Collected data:
··········

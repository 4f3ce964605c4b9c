-- ===== src/Spool/Changes.antt =====
-- `compact`, `retry`, `quarantine` and `acknowledge` keep a spool in order.
use superlily.Base.{
  ℕ, ◌+◌, ◌-◌, ◌≡◌, refl, not, String, List, ltb, ◌==◌, Bool-cases, Option-cases, inl, inr,
}
use superlily.Spool.{
  SpoolRecord, SpoolRow, SpoolIdentity, Spool, Clock, update_pending, has_pending, compact,
  is_stale,
}
use superlily.Spool.Delivery.{
  Receipt, matches_receipt, acknowledge, commit_record, commit_row, retry, delay_row, quarantine,
  quarantine_row, note_replay_failure,
}
use superlily.Spool.Order.{
  IsOrdered, IsDescending-keep, known-keep_if, KeepsIdentity, sequences-update, known-update,
}

module _ (P : List SpoolIdentity → Type 0) where
  pub compact-IsOrdered : (c : Clock) (s : Spool) → IsOrdered P s → IsOrdered P (compact c s)
  unfolding compact
  compact-IsOrdered c s h = elim (Bool-cases (ltb (c.monotonic - s.last_compact) 60000000)) [
    | inl recent ↦ rw (recent, compact) h
    | inr due ↦
        rw (due, compact)
          (record {
            rows_descend =
                IsDescending-keep (λ r. not (is_stale s.retention_seconds c.wall r))
                  s.spool_meta.next_sequence s.records h.rows_descend;
            identities_descend = h.identities_descend;
            rows_known =
                known-keep_if s.identities (λ r. not (is_stale s.retention_seconds c.wall r))
                  s.records h.rows_known;
            keys_distinct = h.keys_distinct;
            fact = h.fact;
          })
  ]

  -- a call that only changes other columns of pending rows, and the counters
  update-IsOrdered :
      (change : SpoolRow → SpoolRow) (n : ℕ) (s t : Spool)
      → KeepsIdentity change
      → IsOrdered P s
      → t.spool_meta.next_sequence ≡ s.spool_meta.next_sequence
      → t.records ≡ update_pending n change s.records
      → t.identities ≡ s.identities
      → IsOrdered P t
  update-IsOrdered change n s t keeps h same_next same_rows same_identities = record {
    rows_descend =
        rw (same_next, same_rows) (rw (sequences-update change keeps n s.records) h.rows_descend);
    identities_descend = rw (same_next, same_identities) h.identities_descend;
    rows_known =
        rw (same_rows, same_identities)
          (known-update change keeps n s.identities s.records h.rows_known);
    keys_distinct = rw same_identities h.keys_distinct;
    fact = rw same_identities h.fact;
  }

  module _ (c : Clock) where
    pub retry-IsOrdered :
        (r : SpoolRecord) (error : String) (base : ℕ) (s : Spool)
        → IsOrdered P s
        → IsOrdered P (retry c r error base s)
    unfolding retry delay_row note_replay_failure
    retry-IsOrdered r error base s h = elim (Bool-cases (has_pending r.sequence s.records)) [
      | inl there ↦
          rw (there, retry)
            (update-IsOrdered (delay_row c (r.attempts + 1) base error) r.sequence s _
              (λ q. (refl, refl, refl)) h refl refl refl)
      | inr gone ↦ rw (gone, retry) h
    ]

    pub quarantine-IsOrdered :
        (n : ℕ) (error : String) (s : Spool) → IsOrdered P s → IsOrdered P (quarantine c n error s)
    unfolding quarantine quarantine_row note_replay_failure
    quarantine-IsOrdered n error s h = elim (Bool-cases (has_pending n s.records)) [
      | inl there ↦
          rw (there, quarantine)
            (update-IsOrdered (quarantine_row c error) n s _ (λ q. (refl, refl, refl)) h refl refl
              refl)
      | inr gone ↦ rw (gone, quarantine) h
    ]

    commit-IsOrdered :
        (r : SpoolRecord) (id : String) (s : Spool)
        → IsOrdered P s
        → IsOrdered P (commit_record c r id s).1
    unfolding commit_record commit_row
    commit-IsOrdered r id s h = elim (Bool-cases (has_pending r.sequence s.records)) [
      | inl there ↦
          rw (there, commit_record)
            (compact-IsOrdered c _ (
              update-IsOrdered (commit_row c id) r.sequence s _ (λ q. (refl, refl, refl)) h refl
                refl refl))
      | inr gone ↦ rw (gone, commit_record) h
    ]

    pub acknowledge-IsOrdered :
        (r : SpoolRecord) (receipt : Receipt) (s : Spool)
        → IsOrdered P s
        → IsOrdered P (acknowledge c r receipt s).1
    unfolding acknowledge
    acknowledge-IsOrdered r receipt s h = elim (Bool-cases (matches_receipt s r receipt)) [
      | inr other ↦ rw (other, acknowledge) h
      | inl same ↦ elim (Option-cases receipt.receipt_id) [
        | inl absent ↦ rw (same, absent, acknowledge) h
        | inr (id, given) ↦ elim (Bool-cases (id == "")) [
          | inl empty ↦ rw (same, given, empty, acknowledge) h
          | inr named ↦ rw (same, given, named, acknowledge) (commit-IsOrdered r id s h)
        ]
      ]
    ]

··········

WORK TO BE COMPLETED — Which lines above hold the string "Bool"? Show each of them.

OUTPUT OF THE EXERCISE —
  ℕ, ◌+◌, ◌-◌, ◌≡◌, refl, not, String, List, ltb, ◌==◌, Bool-cases, Option-cases, inl, inr,
  compact-IsOrdered c s h = elim (Bool-cases (ltb (c.monotonic - s.last_compact) 60000000)) [
    retry-IsOrdered r error base s h = elim (Bool-cases (has_pending r.sequence s.records)) [
    quarantine-IsOrdered n error s h = elim (Bool-cases (has_pending n s.records)) [
    commit-IsOrdered r id s h = elim (Bool-cases (has_pending r.sequence s.records)) [
    acknowledge-IsOrdered r receipt s h = elim (Bool-cases (matches_receipt s r receipt)) [
        | inr (id, given) ↦ elim (Bool-cases (id == "")) [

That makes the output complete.